BRIEF → Here is the task for the records below: repeat exactly the lines from the one with "unfolding dispatch with_hop" to the one with "deliver_short len message_len", both included, and nothing else.

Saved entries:
|---|
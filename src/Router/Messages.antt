-- ===== src/Router/Messages.antt =====
-- The routed message: what the originator writes, and what the nodes on the way make of it.
use grove_lo_ra_433mhz_and.Prelude.{
  ℕ, ◌+◌, ◌≤◌, ◌<◌, ◌≡◌, ◌≢◌, refl, ◌∙◌, ◌⊎◌, inl, inr, none, some, true, false, List, [], ◌∷◌,
  arith, ◌==◌, length, take, blit, ltb, u8, sub8, min, Bool-cases, ◌||◌, take-blit, take-min-blit,
  length-take, length-drop,
}
use grove_lo_ra_433mhz_and.Prelude.Commands.{done, pure, ◌>>◌, and_then-and_then}
use grove_lo_ra_433mhz_and.Driver.{Radio, broadcast_address}
use grove_lo_ra_433mhz_and.Node.{Node}
use grove_lo_ra_433mhz_and.Router.{
  Overrides, Delivery, header_size, message_size, max_message_len, error_invalid_length,
  message_dest, message_source, message_hops, message_id, message_flags, message_data,
  sendto_from_source_wait, deliver, forward, dispatch,
}

-- The octets of a new message.
unfoldable pub routed_message : List ℕ → (dest source id flags : ℕ) → List ℕ
routed_message buf dest source id flags = dest ∷ source ∷ 0 ∷ id ∷ flags ∷ buf

hop_fields :
    (m : List ℕ) (hops : ℕ)
    → length m ≡ message_size
    → let m' = blit 2 (hops ∷ []) m in
      (message_hops m' ≡ hops)
      × (message_dest m' ≡ message_dest m)
      × (message_source m' ≡ message_source m)
      × (message_id m' ≡ message_id m)
      × (message_flags m' ≡ message_flags m)
      × (message_data m' ≡ message_data m)
hop_fields (a ∷ b ∷ c ∷ d ∷ e ∷ x ∷ m) hops l = (refl, refl, refl, refl, refl, refl)
hop_fields _ hops l = absurd (omega arith)

module _ {C : Type 0} (r : Radio C) (fuel : ℕ) (v : Overrides C) where
  -- The node that `route` is called for: a sequence number is used up, and the message is written.
  unfoldable pub with_message : List ℕ → (dest source flags : ℕ) → Node C → Node C
  unfolding routed_message
  with_message buf dest source flags n = record n {
    last_e2e_sequence_number = u8 (n.last_e2e_sequence_number + 1);
    router_message =
        blit 0 (routed_message buf dest source n.last_e2e_sequence_number flags) n.router_message;
  }

  -- A message that does not fit the radio is refused, and nothing changes. Any other is handed to
  -- `route` with its header in front: the first octets of the buffer are those of the message, with
  -- no hops and the next end-to-end sequence number.
  pub sendto_from_source_wait_result :
      (buf : List ℕ) (dest source flags : ℕ) (n : Node C)
      → length n.router_message ≡ message_size
      → r.max_message_length ≤ message_size
      → ((r.max_message_length < length buf + header_size)
          × (sendto_from_source_wait r fuel v buf dest source flags n
              ≡ done error_invalid_length n))
        ⊎ ((length buf + header_size ≤ r.max_message_length)
            × (sendto_from_source_wait r fuel v buf dest source flags n
                ≡ v.route (header_size + length buf) (with_message buf dest source flags n))
            × (take (header_size + length buf) (with_message buf dest source flags n).router_message
                ≡ routed_message buf dest source n.last_e2e_sequence_number flags))
  unfolding sendto_from_source_wait
  sendto_from_source_wait_result buf dest source flags n l m =
      elim (Bool-cases (ltb r.max_message_length (length buf + header_size))) [
        | inl q ↦ inl (ground arith, rw q)
        | inr q ↦ inr (
          ground arith,
          rw q (unfold with_message in refl),
          unfold with_message in
              let message = dest ∷ source ∷ 0 ∷ n.last_e2e_sequence_number ∷ flags ∷ buf in
              let e : 5 + length buf ≡ length message = omega arith in
              let fits : length message ≤ length n.router_message = ground arith in
              rw e (take-blit message n.router_message fits),
        )
      ]

  -- What the originator has written, the node that it is for reads back: the sender, the
  -- destination, the sequence number, the flags, and the octets as far as the caller has room.
  pub dispatch-routed_message :
      (buf : List ℕ) (dest source id flags len : ℕ) (old : List ℕ) (n : Node C)
      → length buf ≤ max_message_len
      → length old ≡ message_size
      → n.router_message ≡ blit 0 (routed_message buf dest source id flags) old
      → (dest ≡ n.this_address) ⊎ (dest ≡ broadcast_address)
      → dispatch r fuel v len (header_size + length buf) n
        ≡ done
            (some (record {
              payload = take len buf;
              source = source;
              dest = dest;
              id = id;
              flags = flags;
            }))
            n
  unfolding dispatch routed_message
  dispatch-routed_message buf dest source id flags len (a ∷ b ∷ c ∷ d ∷ e ∷ old) n m l p w =
      let is_for_us : (dest == n.this_address || dest == broadcast_address) ≡ true = ground arith in
      let same : sub8 (header_size + length buf) header_size ≡ length buf = omega arith in
      let fits : ltb max_message_len (min len (length buf)) ≡ false = ground arith in
      simp (p, is_for_us, deliver, same, fits, take-min-blit len buf old (omega arith))
  dispatch-routed_message buf dest source id flags len _ n m l p w = absurd (omega arith)

  -- The node with the hop counted.
  unfoldable pub with_hop : Node C → Node C
  with_hop n = record n {
    router_message = blit 2 (u8 (message_hops n.router_message + 1) ∷ []) n.router_message;
  }

  -- A message for another node is routed on only below the hop limit, and what is routed differs
  -- from what came in by the hop count alone, which is then one more and at most the limit. At the
  -- limit the message is dropped, whatever `route` would do.
  pub dispatch-with_hop :
      (len message_len : ℕ) (n : Node C)
      → length n.router_message ≡ message_size
      → n.max_hops < 256
      → message_dest n.router_message ≢ n.this_address
      → message_dest n.router_message ≢ broadcast_address
      → let m = n.router_message in
        let m' = (with_hop n).router_message in
        ((message_hops m < n.max_hops)
          × (dispatch r fuel v len message_len n ≡ (v.route message_len >> pure none) (with_hop n))
          × (message_hops m' ≡ message_hops m + 1)
          × (message_hops m' ≤ n.max_hops)
          × (message_dest m' ≡ message_dest m)
          × (message_source m' ≡ message_source m)
          × (message_id m' ≡ message_id m)
          × (message_flags m' ≡ message_flags m)
          × (message_data m' ≡ message_data m))
        ⊎ ((n.max_hops ≤ message_hops m)
            × (dispatch r fuel v len message_len n ≡ done none (with_hop n)))
  unfolding dispatch with_hop
  dispatch-with_hop len message_len n l h a b =
      let other : (message_dest n.router_message == n.this_address
            || message_dest n.router_message == broadcast_address)
          ≡ false =
        ground arith in
      let (e, d, s, i, f, x) =
        hop_fields n.router_message (u8 (message_hops n.router_message + 1)) l in
      elim (Bool-cases (ltb (message_hops n.router_message) n.max_hops)) [
        | inl q ↦
            let below : message_hops n.router_message < n.max_hops = ground arith in
            inl (
              below,
              rw (other, forward, q) (and_then-and_then (v.route message_len _) _),
              e ∙ omega arith,
              rw e (omega arith),
              d,
              s,
              i,
              f,
              x,
            )
        | inr q ↦ inr (ground arith, rw (other, forward, q))
      ]

  -- Messages that are too short for a header are not told apart: the length of their data wraps,
  -- and the whole buffer of a caller with room for no more than the largest message is filled from what
  -- the message buffer held before.
  pub deliver_short :
      (len message_len : ℕ) (n : Node C)
      → length n.router_message ≡ message_size
      → message_len < header_size
      → len ≤ max_message_len
      → (m : Delivery) × (deliver r fuel v len message_len n ≡ done (some m) n)
        × (length m.payload ≡ len)
  unfolding deliver
  deliver_short len message_len n l h k =
      let all : min len (sub8 message_len header_size) ≡ len = omega arith in
      let fits : ltb max_message_len len ≡ false = ground arith in
      (
        record {
          payload = take len (message_data n.router_message);
          source = message_source n.router_message;
          dest = message_dest n.router_message;
          id = message_id n.router_message;
          flags = message_flags n.router_message;
        },
        simp (all, fits),
        omega (
          arith,
          length-take len (message_data n.router_message),
          length-drop {0} 5 n.router_message,
        ),
      )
|---|
RESPONSE →
  unfolding dispatch with_hop
  dispatch-with_hop len message_len n l h a b =
      let other : (message_dest n.router_message == n.this_address
            || message_dest n.router_message == broadcast_address)
          ≡ false =
        ground arith in
      let (e, d, s, i, f, x) =
        hop_fields n.router_message (u8 (message_hops n.router_message + 1)) l in
      elim (Bool-cases (ltb (message_hops n.router_message) n.max_hops)) [
        | inl q ↦
            let below : message_hops n.router_message < n.max_hops = ground arith in
            inl (
              below,
              rw (other, forward, q) (and_then-and_then (v.route message_len _) _),
              e ∙ omega arith,
              rw e (omega arith),
              d,
              s,
              i,
              f,
              x,
            )
        | inr q ↦ inr (ground arith, rw (other, forward, q))
      ]

  -- Messages that are too short for a header are not told apart: the length of their data wraps,
  -- and the whole buffer of a caller with room for no more than the largest message is filled from what
  -- the message buffer held before.
  pub deliver_short :
      (len message_len : ℕ) (n : Node C)
      → length n.router_message ≡ message_size
      → message_len < header_size
      → len ≤ max_message_len
      → (m : Delivery) × (deliver r fuel v len message_len n ≡ done (some m) n)
        × (length m.payload ≡ len)
  unfolding deliver
  deliver_short len message_len n l h k =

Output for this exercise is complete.